#### EXTRACTED MATERIAL ####

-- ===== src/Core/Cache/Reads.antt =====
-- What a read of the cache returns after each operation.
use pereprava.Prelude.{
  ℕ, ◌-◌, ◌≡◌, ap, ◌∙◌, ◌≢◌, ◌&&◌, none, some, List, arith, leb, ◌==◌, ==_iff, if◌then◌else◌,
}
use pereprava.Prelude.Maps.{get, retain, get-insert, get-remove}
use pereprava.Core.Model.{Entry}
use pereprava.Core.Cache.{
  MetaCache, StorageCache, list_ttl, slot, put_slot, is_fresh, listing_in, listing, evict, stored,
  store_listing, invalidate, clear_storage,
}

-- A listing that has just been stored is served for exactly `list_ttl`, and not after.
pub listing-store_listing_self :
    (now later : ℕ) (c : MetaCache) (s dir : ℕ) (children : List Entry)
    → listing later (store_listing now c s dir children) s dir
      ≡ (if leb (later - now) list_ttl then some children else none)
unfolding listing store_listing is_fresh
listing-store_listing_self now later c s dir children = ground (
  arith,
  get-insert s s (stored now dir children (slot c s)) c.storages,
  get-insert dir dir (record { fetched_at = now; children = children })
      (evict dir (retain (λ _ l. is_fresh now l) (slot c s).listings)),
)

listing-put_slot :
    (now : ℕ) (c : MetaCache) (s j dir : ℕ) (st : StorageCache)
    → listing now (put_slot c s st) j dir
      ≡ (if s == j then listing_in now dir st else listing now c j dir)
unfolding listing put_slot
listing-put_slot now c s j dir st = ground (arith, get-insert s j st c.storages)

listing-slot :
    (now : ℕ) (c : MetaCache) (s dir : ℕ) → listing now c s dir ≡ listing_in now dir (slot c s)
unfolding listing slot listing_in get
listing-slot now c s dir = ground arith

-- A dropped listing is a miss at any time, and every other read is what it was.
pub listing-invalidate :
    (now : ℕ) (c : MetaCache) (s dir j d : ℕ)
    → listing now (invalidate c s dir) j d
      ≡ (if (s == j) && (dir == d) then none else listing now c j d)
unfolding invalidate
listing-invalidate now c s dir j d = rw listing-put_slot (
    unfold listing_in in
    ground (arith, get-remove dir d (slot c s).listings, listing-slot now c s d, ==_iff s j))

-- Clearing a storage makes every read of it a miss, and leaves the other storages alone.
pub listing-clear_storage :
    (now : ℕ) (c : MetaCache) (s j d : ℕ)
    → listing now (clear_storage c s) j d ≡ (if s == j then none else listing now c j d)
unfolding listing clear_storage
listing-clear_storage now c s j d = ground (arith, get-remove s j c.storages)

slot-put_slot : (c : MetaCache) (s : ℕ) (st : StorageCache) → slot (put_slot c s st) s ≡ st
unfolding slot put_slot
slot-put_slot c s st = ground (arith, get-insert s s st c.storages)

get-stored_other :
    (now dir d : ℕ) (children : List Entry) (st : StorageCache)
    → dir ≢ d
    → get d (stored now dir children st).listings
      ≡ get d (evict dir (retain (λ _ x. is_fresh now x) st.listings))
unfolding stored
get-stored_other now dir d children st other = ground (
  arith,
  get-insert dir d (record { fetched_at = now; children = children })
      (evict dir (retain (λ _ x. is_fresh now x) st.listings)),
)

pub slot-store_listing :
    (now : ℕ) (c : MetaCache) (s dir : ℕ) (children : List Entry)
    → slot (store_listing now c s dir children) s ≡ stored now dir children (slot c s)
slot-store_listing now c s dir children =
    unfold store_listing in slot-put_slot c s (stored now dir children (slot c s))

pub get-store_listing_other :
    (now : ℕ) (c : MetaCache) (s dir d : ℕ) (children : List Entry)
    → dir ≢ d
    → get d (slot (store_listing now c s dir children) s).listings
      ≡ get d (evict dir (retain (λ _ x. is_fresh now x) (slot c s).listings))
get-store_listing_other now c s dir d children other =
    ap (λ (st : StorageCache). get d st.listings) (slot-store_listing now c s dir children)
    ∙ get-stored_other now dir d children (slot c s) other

####

Where the line holding "children else none)" appears in the listing above, start reproducing exactly, and end with the line holding "unfolding invalidate".

### RESULT FOR THIS EXERCISE
      ≡ (if leb (later - now) list_ttl then some children else none)
unfolding listing store_listing is_fresh
listing-store_listing_self now later c s dir children = ground (
  arith,
  get-insert s s (stored now dir children (slot c s)) c.storages,
  get-insert dir dir (record { fetched_at = now; children = children })
      (evict dir (retain (λ _ l. is_fresh now l) (slot c s).listings)),
)

listing-put_slot :
    (now : ℕ) (c : MetaCache) (s j dir : ℕ) (st : StorageCache)
    → listing now (put_slot c s st) j dir
      ≡ (if s == j then listing_in now dir st else listing now c j dir)
unfolding listing put_slot
listing-put_slot now c s j dir st = ground (arith, get-insert s j st c.storages)

listing-slot :
    (now : ℕ) (c : MetaCache) (s dir : ℕ) → listing now c s dir ≡ listing_in now dir (slot c s)
unfolding listing slot listing_in get
listing-slot now c s dir = ground arith

-- A dropped listing is a miss at any time, and every other read is what it was.
pub listing-invalidate :
    (now : ℕ) (c : MetaCache) (s dir j d : ℕ)
    → listing now (invalidate c s dir) j d
      ≡ (if (s == j) && (dir == d) then none else listing now c j d)
unfolding invalidate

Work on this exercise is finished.